_Stored items_:
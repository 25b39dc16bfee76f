-- ===== src/Base/Maps/Canonical.antt =====
-- Maps in the order of their keys: two of them with the same entries are the same list.
use Prim.Native.Nat.{Ordering}
use mathlib.Core.Path.{◌≡◌, subst, refl, sym, ap, ◌∙◌}
use mathlib.Core.Bool.{Bool, true, false}
use mathlib.Core.Option.{none, some}
use mathlib.Core.List.{[], ◌∷◌}
use libcoda_net.Base.Test.{if◌then◌else◌}
use libcoda_net.Base.Lists.{Bytes, All}
use libcoda_net.Base.Text.{same, same_iff}
use libcoda_net.Base.Maps.{
  Dict, order, order-eq, order_self, lookup, assign, erase, insert_all, has, same_self,
}
use libcoda_net.Base.Maps.Order.{order-gt, order_trans}

-- All keys come behind one.
abbrev IsBehind : Bytes → Dict → Type 0
IsBehind k = All (λ p. order k p.0 ≡ Ordering.lt)

abbrev pub IsSorted : Dict → Type 0
IsSorted [] = Unit {0}
IsSorted ((k, v) ∷ m) = IsBehind k m × IsSorted m

IsBehind-trans : (k j : Bytes) (m : Dict) → order k j ≡ Ordering.lt → IsBehind j m → IsBehind k m
IsBehind-trans k j [] h b = tt
IsBehind-trans k j (p ∷ m) h (first, others) =
    (order_trans k j p.0 h first, IsBehind-trans k j m h others)

assign-IsBehind :
    (i k v : Bytes) (m : Dict) → order i k ≡ Ordering.lt → IsBehind i m → IsBehind i (assign k v m)
unfolding assign
assign-IsBehind i k v [] h b = (h, tt)
assign-IsBehind i k v ((j, w) ∷ m) h (first, others) =
    by_order (order k j) refl (assign-IsBehind i k v m h others)
  where
    by_order :
        (o : Ordering)
        → order k j ≡ o
        → IsBehind i (assign k v m)
        → IsBehind i (assign k v ((j, w) ∷ m))
    by_order Ordering.lt e rest = rw (e, assign) (h, (first, others))
    by_order Ordering.eq e rest = rw (e, assign) (first, others)
    by_order Ordering.gt e rest = rw (e, assign) (first, rest)

pub assign-IsSorted : (k v : Bytes) (m : Dict) → IsSorted m → IsSorted (assign k v m)
unfolding assign
assign-IsSorted k v [] s = (tt, tt)
assign-IsSorted k v ((j, w) ∷ m) (b, s) = by_order (order k j) refl (assign-IsSorted k v m s)
  where
    by_order :
        (o : Ordering)
        → order k j ≡ o
        → IsSorted (assign k v m)
        → IsSorted (assign k v ((j, w) ∷ m))
    by_order Ordering.lt e rest = rw (e, assign) ((e, IsBehind-trans k j m e b), (b, s))
    by_order Ordering.eq e rest = rw (e, assign) (b, s)
    by_order Ordering.gt e rest = rw (e, assign) (assign-IsBehind j k v m (order-gt k j e) b, rest)

if-IsSorted : (t : Bool) (m n : Dict) → IsSorted m → IsSorted n → IsSorted (if t then m else n)
if-IsSorted true m n s r = s
if-IsSorted false m n s r = r

erase-IsBehind : (i k : Bytes) (m : Dict) → IsBehind i m → IsBehind i (erase k m)
unfolding erase
erase-IsBehind i k [] b = tt
erase-IsBehind i k ((j, w) ∷ m) (first, others) = by_test (same j k) (erase-IsBehind i k m others)
  where
    by_test :
        (t : Bool)
        → IsBehind i (erase k m)
        → IsBehind i (if t then erase k m else (j, w) ∷ erase k m)
    by_test true rest = rest
    by_test false rest = (first, rest)

pub erase-IsSorted : (k : Bytes) (m : Dict) → IsSorted m → IsSorted (erase k m)
unfolding erase
erase-IsSorted k [] s = tt
erase-IsSorted k ((j, w) ∷ m) (b, s) =
    if-IsSorted (same j k) (erase k m) ((j, w) ∷ erase k m) (erase-IsSorted k m s)
      (erase-IsBehind j k m b, erase-IsSorted k m s)

pub insert_all-IsSorted : (kvs m : Dict) → IsSorted m → IsSorted (insert_all kvs m)
unfolding insert_all
insert_all-IsSorted [] m s = s
insert_all-IsSorted ((k, v) ∷ kvs) m s =
    insert_all-IsSorted kvs _ (if-IsSorted (has k m) m (assign k v m) s (assign-IsSorted k v m s))

same-lt : (k j : Bytes) → order k j ≡ Ordering.lt → same j k ≡ false
same-lt k j h = by_test (same j k) refl
  where
    by_test : (t : Bool) → same j k ≡ t → t ≡ false
    by_test false e = refl
    by_test true e =
        let here : j ≡ k = (same_iff j k).0 e in cc (sym h ∙ ap (order k) here ∙ order_self k)

-- What comes before all keys is not among them.
lookup-IsBehind : (k : Bytes) (m : Dict) → IsBehind k m → lookup k m ≡ none
unfolding lookup
lookup-IsBehind k [] b = refl
lookup-IsBehind k ((j, w) ∷ m) (first, others) = rw (same-lt k j first) (lookup-IsBehind k m others)

lookup_first : (k v : Bytes) (m : Dict) → lookup k ((k, v) ∷ m) ≡ some v
unfolding lookup
lookup_first k v m = rw (same_self k)

some_value : (v w : Bytes) → some v ≡ some w → v ≡ w
some_value v w e = cc e

lookup_later : (k x v : Bytes) (m : Dict) → same k x ≡ false → lookup x ((k, v) ∷ m) ≡ lookup x m
unfolding lookup
lookup_later k x v m e = rw e refl

-- Two maps that begin with the same key have the same entries behind it.
later_entries :
    (k v w : Bytes) (m n : Dict)
    → IsBehind k m
    → IsBehind k n
    → ((x : Bytes) → lookup x ((k, v) ∷ m) ≡ lookup x ((k, w) ∷ n))
    → (x : Bytes) → lookup x m ≡ lookup x n
later_entries k v w m n b b' h x = by_test (same k x) refl
  where
    by_test : (t : Bool) → same k x ≡ t → lookup x m ≡ lookup x n
    by_test false e = sym (lookup_later k x v m e) ∙ h x ∙ lookup_later k x w n e
    by_test true e =
        subst (λ y. lookup y m ≡ lookup y n) ((same_iff k x).0 e)
          (lookup-IsBehind k m b ∙ sym (lookup-IsBehind k n b'))

-- A key that comes before all keys of one map does not begin the other.
first_apart :
    {A : Type 0} (k v : Bytes) (m n : Dict) → IsBehind k n → lookup k ((k, v) ∷ m) ≡ lookup k n → A
first_apart k v m n b h = cc (sym (lookup_first k v m) ∙ h ∙ lookup-IsBehind k n b)

-- Maps in the order of their keys that have the same entries are the same.
pub same_entries :
    (m n : Dict) → IsSorted m → IsSorted n → ((x : Bytes) → lookup x m ≡ lookup x n) → m ≡ n
unfolding lookup
same_entries [] [] s r h = refl
same_entries [] ((j, w) ∷ n) s r h = cc (h j ∙ lookup_first j w n)
same_entries ((k, v) ∷ m) [] s r h = cc (sym (h k) ∙ lookup_first k v m)
same_entries ((k, v) ∷ m) ((j, w) ∷ n) (b, s) (b', r) h =
    by_order (order k j) refl (same_entries m n s r)
  where
    by_order :
        (o : Ordering)
        → order k j ≡ o
        → (((x : Bytes) → lookup x m ≡ lookup x n) → m ≡ n)
        → (k, v) ∷ m ≡ (j, w) ∷ n
    by_order Ordering.lt e rest =
        first_apart k v m ((j, w) ∷ n) (e, IsBehind-trans k j n e b') (h k)
    by_order Ordering.gt e rest =
        let back = order-gt k j e in
        first_apart j w n ((k, v) ∷ m) (back, IsBehind-trans j k m back b) (sym (h j))
    by_order Ordering.eq e rest =
        let at = order-eq k j e in
        let h' =
          subst (λ i. (x : Bytes) → lookup x ((k, v) ∷ m) ≡ lookup x ((i, w) ∷ n)) (sym at) h in
        let value : v ≡ w = some_value v w (sym (lookup_first k v m) ∙ h' k ∙ lookup_first k w n) in
        let tail = rest (later_entries k v w m n b (subst (λ i. IsBehind i n) (sym at) b') h') in
        λ i. (at i, value i) ∷ tail i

_WORK INSTRUCTION_: Retype the records above exactly, from their first line through the line that contains "IsBehind-trans k j (p", and stop there.

_OUTPUT OF THE TASK_:
repository 25b39dc16bfee76f
-- ===== src/Base/Maps/Canonical.antt =====
-- Maps in the order of their keys: two of them with the same entries are the same list.
use Prim.Native.Nat.{Ordering}
use mathlib.Core.Path.{◌≡◌, subst, refl, sym, ap, ◌∙◌}
use mathlib.Core.Bool.{Bool, true, false}
use mathlib.Core.Option.{none, some}
use mathlib.Core.List.{[], ◌∷◌}
use libcoda_net.Base.Test.{if◌then◌else◌}
use libcoda_net.Base.Lists.{Bytes, All}
use libcoda_net.Base.Text.{same, same_iff}
use libcoda_net.Base.Maps.{
  Dict, order, order-eq, order_self, lookup, assign, erase, insert_all, has, same_self,
}
use libcoda_net.Base.Maps.Order.{order-gt, order_trans}

-- All keys come behind one.
abbrev IsBehind : Bytes → Dict → Type 0
IsBehind k = All (λ p. order k p.0 ≡ Ordering.lt)

abbrev pub IsSorted : Dict → Type 0
IsSorted [] = Unit {0}
IsSorted ((k, v) ∷ m) = IsBehind k m × IsSorted m

IsBehind-trans : (k j : Bytes) (m : Dict) → order k j ≡ Ordering.lt → IsBehind j m → IsBehind k m
IsBehind-trans k j [] h b = tt
IsBehind-trans k j (p ∷ m) h (first, others) =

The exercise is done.